Records for this exercise:
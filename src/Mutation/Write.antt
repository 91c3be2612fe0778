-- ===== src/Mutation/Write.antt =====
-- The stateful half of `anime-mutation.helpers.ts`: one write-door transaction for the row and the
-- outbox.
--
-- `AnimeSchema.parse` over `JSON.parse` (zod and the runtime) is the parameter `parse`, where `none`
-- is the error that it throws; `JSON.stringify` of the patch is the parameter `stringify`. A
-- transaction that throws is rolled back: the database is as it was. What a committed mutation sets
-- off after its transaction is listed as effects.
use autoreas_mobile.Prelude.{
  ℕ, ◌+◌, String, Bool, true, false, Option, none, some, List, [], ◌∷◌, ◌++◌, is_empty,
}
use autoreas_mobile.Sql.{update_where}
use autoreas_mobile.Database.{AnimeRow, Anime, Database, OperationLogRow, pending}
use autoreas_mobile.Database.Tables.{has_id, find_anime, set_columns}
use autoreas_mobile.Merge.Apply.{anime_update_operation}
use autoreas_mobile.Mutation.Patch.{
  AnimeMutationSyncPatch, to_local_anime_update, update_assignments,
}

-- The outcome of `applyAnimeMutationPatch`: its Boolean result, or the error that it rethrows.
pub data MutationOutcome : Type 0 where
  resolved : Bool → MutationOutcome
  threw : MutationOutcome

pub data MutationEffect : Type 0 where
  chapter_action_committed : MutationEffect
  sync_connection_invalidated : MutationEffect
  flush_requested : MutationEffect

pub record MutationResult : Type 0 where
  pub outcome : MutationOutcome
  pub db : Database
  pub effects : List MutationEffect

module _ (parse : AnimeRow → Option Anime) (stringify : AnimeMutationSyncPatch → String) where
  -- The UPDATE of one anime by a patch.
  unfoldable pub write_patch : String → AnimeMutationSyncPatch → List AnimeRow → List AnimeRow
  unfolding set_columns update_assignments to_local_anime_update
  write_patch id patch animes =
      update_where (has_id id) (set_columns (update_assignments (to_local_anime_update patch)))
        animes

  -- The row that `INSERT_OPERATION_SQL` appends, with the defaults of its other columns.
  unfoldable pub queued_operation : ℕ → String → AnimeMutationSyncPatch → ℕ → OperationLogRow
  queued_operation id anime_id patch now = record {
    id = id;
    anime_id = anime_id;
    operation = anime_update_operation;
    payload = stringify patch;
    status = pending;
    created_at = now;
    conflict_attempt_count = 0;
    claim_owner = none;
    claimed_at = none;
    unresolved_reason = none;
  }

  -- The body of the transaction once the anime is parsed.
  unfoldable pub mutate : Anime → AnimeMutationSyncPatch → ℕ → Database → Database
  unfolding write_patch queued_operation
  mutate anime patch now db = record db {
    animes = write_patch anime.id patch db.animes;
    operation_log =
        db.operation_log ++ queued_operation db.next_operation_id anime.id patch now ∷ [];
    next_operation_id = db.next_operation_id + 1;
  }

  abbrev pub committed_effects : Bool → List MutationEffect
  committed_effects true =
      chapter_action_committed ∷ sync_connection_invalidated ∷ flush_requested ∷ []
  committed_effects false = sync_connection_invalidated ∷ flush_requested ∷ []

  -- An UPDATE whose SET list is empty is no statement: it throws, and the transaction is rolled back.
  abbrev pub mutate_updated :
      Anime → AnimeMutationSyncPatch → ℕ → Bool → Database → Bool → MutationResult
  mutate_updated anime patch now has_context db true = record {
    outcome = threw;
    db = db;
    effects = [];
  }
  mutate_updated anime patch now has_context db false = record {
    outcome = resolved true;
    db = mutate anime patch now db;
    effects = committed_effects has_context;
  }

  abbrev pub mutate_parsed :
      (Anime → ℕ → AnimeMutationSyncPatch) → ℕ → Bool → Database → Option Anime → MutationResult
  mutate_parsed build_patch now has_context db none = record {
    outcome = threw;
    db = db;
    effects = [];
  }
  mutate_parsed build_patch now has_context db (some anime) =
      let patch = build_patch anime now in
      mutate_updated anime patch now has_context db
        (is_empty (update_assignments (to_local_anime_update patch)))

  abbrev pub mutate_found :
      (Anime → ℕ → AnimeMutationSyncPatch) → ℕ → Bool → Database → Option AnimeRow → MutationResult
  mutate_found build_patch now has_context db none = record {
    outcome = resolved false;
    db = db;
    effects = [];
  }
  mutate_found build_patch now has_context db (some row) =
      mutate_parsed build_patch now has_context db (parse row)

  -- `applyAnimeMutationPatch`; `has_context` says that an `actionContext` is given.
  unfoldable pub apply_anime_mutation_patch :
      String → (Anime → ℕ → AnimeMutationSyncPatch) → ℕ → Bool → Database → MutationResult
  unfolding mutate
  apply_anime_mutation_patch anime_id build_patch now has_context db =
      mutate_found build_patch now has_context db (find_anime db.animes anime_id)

Description of the task: Write out the entire listing above once more. Keep it exact.

Answer for the task:
filename src/Mutation/Write.antt
repository 91c3be2612fe0778
-- ===== src/Mutation/Write.antt =====
-- The stateful half of `anime-mutation.helpers.ts`: one write-door transaction for the row and the
-- outbox.
--
-- `AnimeSchema.parse` over `JSON.parse` (zod and the runtime) is the parameter `parse`, where `none`
-- is the error that it throws; `JSON.stringify` of the patch is the parameter `stringify`. A
-- transaction that throws is rolled back: the database is as it was. What a committed mutation sets
-- off after its transaction is listed as effects.
use autoreas_mobile.Prelude.{
  ℕ, ◌+◌, String, Bool, true, false, Option, none, some, List, [], ◌∷◌, ◌++◌, is_empty,
}
use autoreas_mobile.Sql.{update_where}
use autoreas_mobile.Database.{AnimeRow, Anime, Database, OperationLogRow, pending}
use autoreas_mobile.Database.Tables.{has_id, find_anime, set_columns}
use autoreas_mobile.Merge.Apply.{anime_update_operation}
use autoreas_mobile.Mutation.Patch.{
  AnimeMutationSyncPatch, to_local_anime_update, update_assignments,
}

-- The outcome of `applyAnimeMutationPatch`: its Boolean result, or the error that it rethrows.
pub data MutationOutcome : Type 0 where
  resolved : Bool → MutationOutcome
  threw : MutationOutcome

pub data MutationEffect : Type 0 where
  chapter_action_committed : MutationEffect
  sync_connection_invalidated : MutationEffect
  flush_requested : MutationEffect

pub record MutationResult : Type 0 where
  pub outcome : MutationOutcome
  pub db : Database
  pub effects : List MutationEffect

module _ (parse : AnimeRow → Option Anime) (stringify : AnimeMutationSyncPatch → String) where
  -- The UPDATE of one anime by a patch.
  unfoldable pub write_patch : String → AnimeMutationSyncPatch → List AnimeRow → List AnimeRow
  unfolding set_columns update_assignments to_local_anime_update
  write_patch id patch animes =
      update_where (has_id id) (set_columns (update_assignments (to_local_anime_update patch)))
        animes

  -- The row that `INSERT_OPERATION_SQL` appends, with the defaults of its other columns.
  unfoldable pub queued_operation : ℕ → String → AnimeMutationSyncPatch → ℕ → OperationLogRow
  queued_operation id anime_id patch now = record {
    id = id;
    anime_id = anime_id;
    operation = anime_update_operation;
    payload = stringify patch;
    status = pending;
    created_at = now;
    conflict_attempt_count = 0;
    claim_owner = none;
    claimed_at = none;
    unresolved_reason = none;
  }

  -- The body of the transaction once the anime is parsed.
  unfoldable pub mutate : Anime → AnimeMutationSyncPatch → ℕ → Database → Database
  unfolding write_patch queued_operation
  mutate anime patch now db = record db {
    animes = write_patch anime.id patch db.animes;
    operation_log =
        db.operation_log ++ queued_operation db.next_operation_id anime.id patch now ∷ [];
    next_operation_id = db.next_operation_id + 1;
  }

  abbrev pub committed_effects : Bool → List MutationEffect
  committed_effects true =
      chapter_action_committed ∷ sync_connection_invalidated ∷ flush_requested ∷ []
  committed_effects false = sync_connection_invalidated ∷ flush_requested ∷ []

  -- An UPDATE whose SET list is empty is no statement: it throws, and the transaction is rolled back.
  abbrev pub mutate_updated :
      Anime → AnimeMutationSyncPatch → ℕ → Bool → Database → Bool → MutationResult
  mutate_updated anime patch now has_context db true = record {
    outcome = threw;
    db = db;
    effects = [];
  }
  mutate_updated anime patch now has_context db false = record {
    outcome = resolved true;
    db = mutate anime patch now db;
    effects = committed_effects has_context;
  }

  abbrev pub mutate_parsed :
      (Anime → ℕ → AnimeMutationSyncPatch) → ℕ → Bool → Database → Option Anime → MutationResult
  mutate_parsed build_patch now has_context db none = record {
    outcome = threw;
    db = db;
    effects = [];
  }
  mutate_parsed build_patch now has_context db (some anime) =
      let patch = build_patch anime now in
      mutate_updated anime patch now has_context db
        (is_empty (update_assignments (to_local_anime_update patch)))

  abbrev pub mutate_found :
      (Anime → ℕ → AnimeMutationSyncPatch) → ℕ → Bool → Database → Option AnimeRow → MutationResult
  mutate_found build_patch now has_context db none = record {
    outcome = resolved false;
    db = db;
    effects = [];
  }
  mutate_found build_patch now has_context db (some row) =
      mutate_parsed build_patch now has_context db (parse row)

  -- `applyAnimeMutationPatch`; `has_context` says that an `actionContext` is given.
  unfoldable pub apply_anime_mutation_patch :
      String → (Anime → ℕ → AnimeMutationSyncPatch) → ℕ → Bool → Database → MutationResult
  unfolding mutate
  apply_anime_mutation_patch anime_id build_patch now has_context db =
      mutate_found build_patch now has_context db (find_anime db.animes anime_id)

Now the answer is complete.